任虎
[摘要]“一帶一路”的戰略是由中國領導人在國際外交場合中所倡議的,現已演變為中國國家愿景與行動以及沿線國家共同參與的區域合作戰略。中國與“一帶一路”沿線國家在過去66年里已簽署雙邊條約1000多項,為“一帶一路”未來合作奠定了國際法的基礎。未來只有通過平等協商,盡快出臺反應區域社會共同民意的區域性國際法律規范,才能早日實現“一帶一路”戰略。
[關鍵詞]“一帶一路”戰略;國際法;雙邊條約
“一帶一路”的發展戰略是中國領導人習近平主席在國際外交場合中所提出的倡議,但目前已上升為國家的愿景和行動。2015年3月28日,國家發展改革委員會、外交部、商務部聯合發布的《推動共建絲綢之路經濟帶和21世紀海上絲綢之路的愿景與行動》(以下簡稱“一帶一路愿景與行動”),明確了與沿線國家的共建原則、合作框架思路、合作重點以及合作機制。
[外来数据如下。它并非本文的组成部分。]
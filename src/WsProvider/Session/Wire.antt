-- ===== src/WsProvider/Session/Wire.antt =====
-- What the writer puts on the wire of a session, and how a socket comes to be open.
use funduq_server.Prelude.{
  ℕ, String, false, ◌≡◌, refl, Option, none, some, List, [], ◌∷◌, ◌++◌, Result, ok, raise,
  Bool-cases, inl, inr, arith, ◌⊎◌,
}
use funduq_server.Json.{Dict, get, str, obj}
use funduq_server.Funduq.{Funduq, Contract, Connect}
use funduq_server.WsCommon.{
  Message, text, close_frame, policy_violation, receive_hello, Hello, proceed, refuse, gone, raised,
  Sent, send, write_loop, is_type, close_type,
}
use funduq_server.WsProvider.Link.{put_frame}
use funduq_server.WsProvider.Hello.{read_hello}
use funduq_server.WsProvider.Hello.Complete.{IsComplete, read_hello-IsComplete, proceed-first}
use funduq_server.WsProvider.Query.{answer_query}
use funduq_server.WsProvider.Socket.{Conn}
use funduq_server.WsProvider.Socket.Growth.{put-Grows, read_message-Grows}
use funduq_server.WsProvider.Session.{
  Event, receive, query_ends, watcher_wakes, core_delivers, core_cancels, core_changes, opened,
  welcome, open_socket, after_hello, attach, after_attach, task_at, remove_at, watch, reply_query,
  end_query, step, serve, is_running, asks_close, lost_message,
}

module _ {S : Type 0} {P : List Dict → Type 0} (core : Funduq S) (contract : Contract)
    (grow : (frames : List Dict) (frame : Dict) → P frames → P (frames ++ frame ∷ [])) where
  abbrev Holds : Conn S → Type 0
  Holds conn = P conn.link.outbound

  watch-Holds : (at : ℕ → S) (conn : Conn S) → Holds conn → Holds (watch core contract at conn)
  unfolding watch
  watch-Holds at conn h = elim (Bool-cases (asks_close core contract at conn)) [
    | inl asked ↦ rw asked (
        put-Grows grow (close_frame policy_violation lost_message)
          (record conn { watching = false }) h)
    | inr idle ↦ rw idle h
  ]

  reply_query-Holds :
      (r : Result Dict) (conn : Conn S) → Holds conn → Holds (reply_query core contract r conn)
  unfolding reply_query
  reply_query-Holds (ok reply) conn h = put-Grows grow reply conn h
  reply_query-Holds (raise e) conn h = h

  step-Holds : (e : Event S) (conn : Conn S) → Holds conn → Holds (step core contract e conn)
  unfolding step put_frame
  step-Holds (receive message) conn h = read_message-Grows grow core contract message conn h
  step-Holds (query_ends n at) conn h =
      ended (task_at n conn.tasks) (record conn { tasks = remove_at n conn.tasks }) h
    where
      ended :
          (o : Option Dict) (conn : Conn S) → Holds conn → Holds (end_query core contract at conn o)
      ended none conn h = h
      ended (some frame) conn h =
          reply_query-Holds (answer_query core contract at conn.link.public_key frame) conn h
  step-Holds (watcher_wakes at) conn h = watch-Holds at conn h
  step-Holds (core_delivers run) conn h = grow conn.link.outbound _ h
  step-Holds (core_cancels run_id) conn h = grow conn.link.outbound _ h
  step-Holds (core_changes s) conn h = h

  serve-Holds :
      (es : List (Event S)) (conn : Conn S) → Holds conn → Holds (serve core contract es conn)
  unfolding serve
  serve-Holds [] conn h = h
  serve-Holds (e ∷ es) conn h = elim (Bool-cases (is_running conn.loop)) [
    | inl run ↦ rw run (serve-Holds es (step core contract e conn) (step-Holds e conn h))
    | inr stop ↦ rw stop h
  ]

-- The queue begins with a frame.
abbrev Begins : Dict → List Dict → Type 0
Begins frame [] = ⊥
Begins frame (first ∷ rest) = first ≡ frame

Begins-append :
    (w : Dict) (frames : List Dict) (frame : Dict)
    → Begins w frames
    → Begins w (frames ++ frame ∷ [])
Begins-append w [] frame h = elim h [ ]
Begins-append w (first ∷ rest) frame h = h

-- The wire begins with a frame that was sent.
abbrev pub SentFirst : Dict → List Sent → Type 0
SentFirst frame [] = ⊥
SentFirst frame (first ∷ rest) = first ≡ send frame

write_loop-Begins :
    (frame : Dict) (frames : List Dict)
    → is_type close_type (get "type" frame) ≡ false
    → Begins frame frames
    → SentFirst frame (write_loop frames)
unfolding write_loop
write_loop-Begins frame [] h b = elim b [ ]
write_loop-Begins frame (first ∷ rest) h b = rw (b, h) refl

-- How a socket came to be open: a first message came in time, a JSON object of the type `hello`, it
-- carried all that the handshake wants, and the core accepted the proof with `answer`.
pub record Admitted {S : Type 0} (core : Funduq S) (contract : Contract) (id : ℕ) (s : S)
    (first : Option Message) : Type 0 where
  pub frame : Dict
  pub hello : Connect
  pub answer : String
  pub in_time : first ≡ some (text (some (obj frame)))
  pub greeting : get "type" frame ≡ str "hello"
  pub complete : IsComplete contract frame hello
  pub accepted : (core.attach_provider s id hello).0 ≡ ok answer

module _ {S : Type 0} (core : Funduq S) (contract : Contract) (id : ℕ) (s : S) where
  -- what is open once the core has answered
  abbrev Greets : Connect → Conn S → Type 0
  Greets hello conn =
      (answer : String) × ((core.attach_provider s id hello).0 ≡ ok answer)
      × Begins (welcome core.identity_public_key answer) conn.link.outbound

  attach-Greets :
      (hello : Connect) (r : Result String × S) (conn : Conn S)
      → core.attach_provider s id hello ≡ r
      → after_attach core contract id hello r ≡ opened conn
      → Greets hello conn
  unfolding after_attach
  attach-Greets hello (ok answer, s') conn e h = (answer, rw e refl, ground arith)
  attach-Greets hello (raise e, s') conn d h = absurd (ground arith)

  hello-Admitted :
      (first : Option Message) (o : Hello) (conn : Conn S)
      → receive_hello first ≡ o
      → after_hello core contract id s o ≡ opened conn
      → (a : Admitted core contract id s first) × Begins
          (welcome core.identity_public_key a.answer)
          conn.link.outbound
  unfolding after_hello
  hello-Admitted first (refuse reason) conn e h = absurd (cc)
  hello-Admitted first gone conn e h = absurd (cc)
  hello-Admitted first (raised e') conn e h = absurd (cc)
  hello-Admitted first (proceed frame) conn e h = go (read_hello contract frame) refl h
    where
      go :
          (r : String ⊎ Connect)
          → read_hello contract frame ≡ r
          → attach core contract id s r ≡ opened conn
          → (a : Admitted core contract id s first) × Begins
              (welcome core.identity_public_key a.answer)
              conn.link.outbound
      go (inl problem) c h = absurd (unfold attach in cc)
      go (inr hello) c h =
          let g = attach-Greets hello (core.attach_provider s id hello) conn refl h in
          (
            record {
              frame = frame;
              hello = hello;
              answer = g.0;
              in_time = (proceed-first first frame e).0;
              greeting = (proceed-first first frame e).1;
              complete = read_hello-IsComplete contract frame hello c;
              accepted = g.1;
            },
            g.2,
          )

-- A socket opens only to a first message that comes in time, is a JSON object of the type `hello`
-- and the wire's version, whose key, ticket, nonce and proof are texts that are not empty, and that
-- the contract and then the core accepted; and whatever events follow, the first frame on its wire
-- is the welcome with the core's key and the answer that the core gave to that hello.
pub open_socket-welcome :
    {S : Type 0} (core : Funduq S) (contract : Contract) (id : ℕ) (s : S) (first : Option Message)
    (conn : Conn S) (es : List (Event S))
    → open_socket core contract id s first ≡ opened conn
    → (a : Admitted core contract id s first) × SentFirst
        (welcome core.identity_public_key a.answer)
        (write_loop (serve core contract es conn).link.outbound)
unfolding open_socket
open_socket-welcome core contract id s first conn es h =
    let (a, begins) = hello-Admitted core contract id s first (receive_hello first) conn refl h in
    let w = welcome core.identity_public_key a.answer in
    (
      a,
      write_loop-Begins w (serve core contract es conn).link.outbound (unfold welcome in refl)
          (serve-Holds core contract (Begins-append w) es conn begins),
    )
在國際層面上,已有60多個沿線國家和國際組織對參與“一帶一路”建設表達了積極態度,且諸多國家通過簽署聯合宣言或聯合公報的形式肯定了共建一帶或一路的意義,表達了積極合作的愿望。因此,“一帶一路”戰略正演變為亞洲、歐洲以及非洲國家間的新一輪貿易、政治、外交、文化等全方位的區域合作行動。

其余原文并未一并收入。